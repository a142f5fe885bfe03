-- ===== src/Cluster/EnsureCeph/Releases.antt =====
-- pkg/helm/manager.go: the releases that are installed.
use ekco.Prelude.{String, ◌≡◌, refl, ap, ◌∙◌, List, [], ◌∷◌, ◌++◌, arith, if◌then◌else◌, contains}
use ekco.Errors.{Result, ok, err}
use ekco.Kube.{Fields, Call, Trace, Action, Env, accepted}
use ekco.Helm.{latest_chart_by_name, new_helm_manager, get_release, install_chart_archive}

abbrev install_in : Call → List (String × Fields)
install_in (Call.install_release name ns chart values) = (name, values) ∷ []
install_in _ = []

-- The releases that a trace of calls installs, with their values, the newest first.
abbrev installs_in : Trace → List (String × Fields)
installs_in [] = []
installs_in (c ∷ t) = install_in c ++ installs_in t

-- The releases whose installation the server accepted.
abbrev pub installs : Env → Trace → List (String × Fields)
installs env t = installs_in (accepted env t)

abbrev pub KeepsInstalls {ℓ} : {A : Type ℓ} → Action A → Type 0
KeepsInstalls m = (env : Env) (t : Trace) → installs env (m env t).1 ≡ installs env t

pub latest_chart-installs : (name : String) → KeepsInstalls (latest_chart_by_name name)
unfolding latest_chart_by_name
latest_chart-installs name env t = ground arith

pub new_helm_manager-installs : (ns : String) → KeepsInstalls (new_helm_manager ns)
unfolding new_helm_manager
new_helm_manager-installs ns env t = ground arith

-- The archive is loaded as a chart and the deployed releases are listed right after that; the chart is
-- installed if none has its name.
abbrev pub InstalledOnce : Env → String → Fields → Trace → Trace → Type 0
InstalledOnce env content changed t u =
    (chart : String) × (releases : List String) × (v : Trace) × (env.answer
        (Call.load_archive content) v
      ≡ ok chart)
    × (env.answer Call.list_releases (Call.load_archive content ∷ v) ≡ ok releases)
    × (installs env u
        ≡ (if contains releases chart then [] else (chart, changed) ∷ []) ++ installs env t)

module _ (content ns : String) (changed : Fields) (env : Env) (t u : Trace)
    (worked : install_chart_archive content changed "" ns env t ≡ (ok tt, u)) where
  after_list :
      (chart : String) (r : Result (List String))
      → env.answer (Call.load_archive content) t ≡ ok chart
      → env.answer Call.list_releases (Call.load_archive content ∷ t) ≡ r
      → InstalledOnce env content changed t u
  unfolding install_chart_archive get_release
  after_list chart (err e) loaded listed = grind (arith, worked, loaded, listed)
  after_list chart (ok releases) loaded listed =
      (chart, releases, t, loaded, listed, grind (arith, worked, loaded, listed))

  after_load :
      (r : Result String)
      → env.answer (Call.load_archive content) t ≡ r
      → InstalledOnce env content changed t u
  unfolding install_chart_archive
  after_load (err e) loaded = grind (arith, worked, loaded)
  after_load (ok chart) loaded =
      after_list chart (env.answer Call.list_releases (Call.load_archive content ∷ t)) loaded refl

  pub install_chart_archive-once : InstalledOnce env content changed t u
  install_chart_archive-once = after_load (env.answer (Call.load_archive content) t) refl

pub InstalledOnce-later :
    (env : Env) (content : String) (changed : Fields) (s t u : Trace)
    → installs env s ≡ installs env t
    → InstalledOnce env content changed s u
    → InstalledOnce env content changed t u
InstalledOnce-later env content changed s t u same (chart, releases, v, loaded, listed, all) = (
  chart,
  releases,
  v,
  loaded,
  listed,
  all ∙ ap (λ l. (if contains releases chart then [] else (chart, changed) ∷ []) ++ l) same,
)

-- Exercise --
In the records above, find each line that holds the word "String"; copy all such lines.

-- Your response --
use ekco.Prelude.{String, ◌≡◌, refl, ap, ◌∙◌, List, [], ◌∷◌, ◌++◌, arith, if◌then◌else◌, contains}
abbrev install_in : Call → List (String × Fields)
abbrev installs_in : Trace → List (String × Fields)
abbrev pub installs : Env → Trace → List (String × Fields)
pub latest_chart-installs : (name : String) → KeepsInstalls (latest_chart_by_name name)
pub new_helm_manager-installs : (ns : String) → KeepsInstalls (new_helm_manager ns)
abbrev pub InstalledOnce : Env → String → Fields → Trace → Trace → Type 0
    (chart : String) × (releases : List String) × (v : Trace) × (env.answer
module _ (content ns : String) (changed : Fields) (env : Env) (t u : Trace)
      (chart : String) (r : Result (List String))
      (r : Result String)
    (env : Env) (content : String) (changed : Fields) (s t u : Trace)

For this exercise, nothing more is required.